• Problem to solve: Locate the line that contains "ok (cut depth b))" in the entries below, then repeat it and every following line through the line that contains "kept) ps) a", exactly, and no others.

Stored data:
====

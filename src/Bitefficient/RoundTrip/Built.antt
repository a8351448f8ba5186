-- ===== src/Bitefficient/RoundTrip/Built.antt =====
-- message_parser/bitefficient_message_parser.cpp: the agent identifier that is built of the tree of
-- one that was encoded.
use multiagent_fipa_acl.Base.{
  if◌then◌else◌, nat_eq, Text, text_eq, any_of, ok, ℕ, zero, suc, ◌<◌, ◌≡◌, refl, sym, ap, ◌∙◌,
  Bool, true, false, List, [], ◌∷◌, ◌++◌, map, append-nil, append_assoc, arith,
}
use multiagent_fipa_acl.Words.{is_illegal_word, occurs_in, illegal_word_chars}
use multiagent_fipa_acl.Agent.{
  AgentId, UserdefParam, Resolvers, agent_id, nil, of_list, to_list, get_name, get_addresses,
  get_resolvers, get_userdef_params, set_name, add_address, add_resolver, add_userdef_param,
  set_param_name, contains_agent,
}
use multiagent_fipa_acl.Bitefficient.Qi.{Qi, matched}
use multiagent_fipa_acl.Bitefficient.Format.{bit_aid}
use multiagent_fipa_acl.Bitefficient.RoundTrip.Agents.{Reads-agent}
use multiagent_fipa_acl.Bitefficient.Grammar.Agents.{
  AgentIdentifier, resolver_list, agent_identifier_at,
}
use multiagent_fipa_acl.Bitefficient.Parser.{
  build_agent_id, build_resolvers, add_addresses, build_agent_parameters, build_userdef_parameter,
}
use multiagent_fipa_acl.Bitefficient.RoundTrip.{all_of, is_word, is_word_char}
use multiagent_fipa_acl.Bitefficient.RoundTrip.Trees.{
  param_fits, param_tree, agent_fits, agent_tree,
}

-- The identifiers added one after the other, each only if it is not there yet.
abbrev distinct : List AgentId → List AgentId → List AgentId
distinct kept [] = kept
distinct kept (a ∷ rest) = distinct (if contains_agent kept a then kept else kept ++ a ∷ []) rest

-- An identifier with the levels of resolvers that a depth keeps.
unfoldable pub cut : ℕ → AgentId → AgentId
cut zero a = agent_id (get_name a) (get_addresses a) nil (get_userdef_params a)
cut (suc depth) a =
    agent_id (get_name a) (get_addresses a)
      (of_list (distinct [] (map (cut depth) (get_resolvers a)))) (get_userdef_params a)

char_legal : (c : ℕ) → is_word_char c ≡ true → occurs_in illegal_word_chars c ≡ false
unfolding occurs_in
char_legal c h = ground arith

chars_legal :
    (w : Text) → all_of is_word_char w ≡ true → any_of (occurs_in illegal_word_chars) w ≡ false
chars_legal [] h = refl
chars_legal (c ∷ w) h = ground (arith, char_legal c, chars_legal w)

-- A word that the encoding takes is no illegal word.
pub is_word-legal : (w : Text) → is_word w ≡ true → is_illegal_word w ≡ false
unfolding is_word is_illegal_word occurs_in
is_word-legal [] h = absurd (ground arith)
is_word-legal (c ∷ w) h = ground (arith, char_legal c, chars_legal w)

to_list-of_list : (xs : List AgentId) → to_list (of_list xs) ≡ xs
to_list-of_list [] = refl
to_list-of_list (x ∷ xs) = ap (x ∷◌) (to_list-of_list xs)

module _ (name : Text) where
  addresses_built :
      (rest xs : List Text) (r : Resolvers) (ps : List UserdefParam)
      → all_of is_word rest ≡ true
      → add_addresses (agent_id name xs r ps) rest ≡ ok (agent_id name (xs ++ rest) r ps)
  unfolding add_addresses add_address
  addresses_built [] xs r ps h = ap (λ t. ok (agent_id name t r ps)) (sym (append-nil xs))
  addresses_built (w ∷ rest) xs r ps h = rw (is_word-legal w (ground arith)) (
      addresses_built rest (xs ++ w ∷ []) r ps (ground arith)
      ∙ ap (λ t. ok (agent_id name t r ps)) (append_assoc xs (w ∷ []) rest))

  params_built :
      (rest ps : List UserdefParam) (xs : List Text) (r : Resolvers)
      → all_of param_fits rest ≡ true
      → build_agent_parameters (agent_id name xs r ps) (map param_tree rest)
        ≡ ok (agent_id name xs r (ps ++ rest))
  unfolding build_agent_parameters build_userdef_parameter set_param_name add_userdef_param
      param_fits
  params_built [] ps xs r h = ap (λ t. ok (agent_id name xs r t)) (sym (append-nil ps))
  params_built (p ∷ rest) ps xs r h = rw (is_word-legal p.name (ground arith)) (
      params_built rest (ps ++ p ∷ []) xs r (ground arith)
      ∙ ap (λ t. ok (agent_id name xs r t)) (append_assoc ps (p ∷ []) rest))

module _ (depth : ℕ)
    (built : (b : AgentId)
      → agent_fits depth b ≡ true
      → build_agent_id (agent_tree depth b) ≡ ok (cut depth b))
    (name : Text) (xs : List Text) (ps : List UserdefParam) where
  resolver_added :
      (kept : List AgentId) (a : AgentId)
      → add_resolver (agent_id name xs (of_list kept) ps) a
        ≡ agent_id name xs (of_list (if contains_agent kept a then kept else kept ++ a ∷ [])) ps
  unfolding add_resolver
  resolver_added kept a = rw (to_list-of_list kept) (if_resolvers (contains_agent kept a))
    where
      if_resolvers :
          (b : Bool)
          → (if b
              then agent_id name xs (of_list kept) ps
              else agent_id name xs (of_list (kept ++ a ∷ [])) ps)
            ≡ agent_id name xs (of_list (if b then kept else kept ++ a ∷ [])) ps
      if_resolvers true = refl
      if_resolvers false = refl

  resolvers_built :
      (rest kept : List AgentId)
      → all_of (agent_fits depth) rest ≡ true
      → build_resolvers
          (agent_id name xs (of_list kept) ps)
          (resolver_list (map (agent_tree depth) rest))
        ≡ ok (agent_id name xs (of_list (distinct kept (map (cut depth) rest))) ps)
  unfolding build_resolvers
  resolvers_built [] kept h = refl
  resolvers_built (b ∷ rest) kept h = rw (built b (ground arith)) (
      rw (resolver_added kept (cut depth b)) (
        resolvers_built rest
          (if contains_agent kept (cut depth b) then kept else kept ++ cut depth b ∷ [])
          (ground arith)))

pub agent_built :
    (depth : ℕ) (a : AgentId)
    → agent_fits depth a ≡ true
    → build_agent_id (agent_tree depth a) ≡ ok (cut depth a)
unfolding agent_fits agent_tree cut set_name build_agent_id build_resolvers
agent_built zero (agent_id name xs r ps) h = rw (is_word-legal name (ground arith)) (
    rw (addresses_built name xs [] nil [] (ground arith))
      (params_built name ps [] xs nil (ground arith)))
agent_built (suc depth) (agent_id name xs r ps) h = rw (is_word-legal name (ground arith)) (
    rw (addresses_built name xs [] nil [] (ground arith)) (
      rw (resolvers_built depth (agent_built depth) name xs [] (to_list r) [] (ground arith))
        (params_built name ps [] xs _ (ground arith))))

-- An agent identifier that the encoding can hold, written to a depth, is read whatever follows at
-- any bound for the nesting above that depth, and what is built of it is the identifier, with its
-- addresses and parameters in their order, as many levels of resolvers as the depth, and in each of
-- them every resolver once.
pub build_agent_id-bit_aid :
    (qi : Qi) (hex : Text → Text) (depth level : ℕ) (a : AgentId)
    → depth < level
    → agent_fits depth a ≡ true
    → (t : Text) × (bit_aid false depth a ≡ ok t)
      × ((rest : Text)
          → (tree : AgentIdentifier) × (agent_identifier_at qi hex level (t ++ rest)
              ≡ matched tree rest)
            × (build_agent_id tree ≡ ok (cut depth a)))
build_agent_id-bit_aid qi hex depth level a lt h =
    let r = Reads-agent qi hex depth level a lt h in
    (r.text, r.written, λ rest. (agent_tree depth a, r.read rest, agent_built depth a h))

====

• Solved exercise:
      → build_agent_id (agent_tree depth b) ≡ ok (cut depth b))
    (name : Text) (xs : List Text) (ps : List UserdefParam) where
  resolver_added :
      (kept : List AgentId) (a : AgentId)
      → add_resolver (agent_id name xs (of_list kept) ps) a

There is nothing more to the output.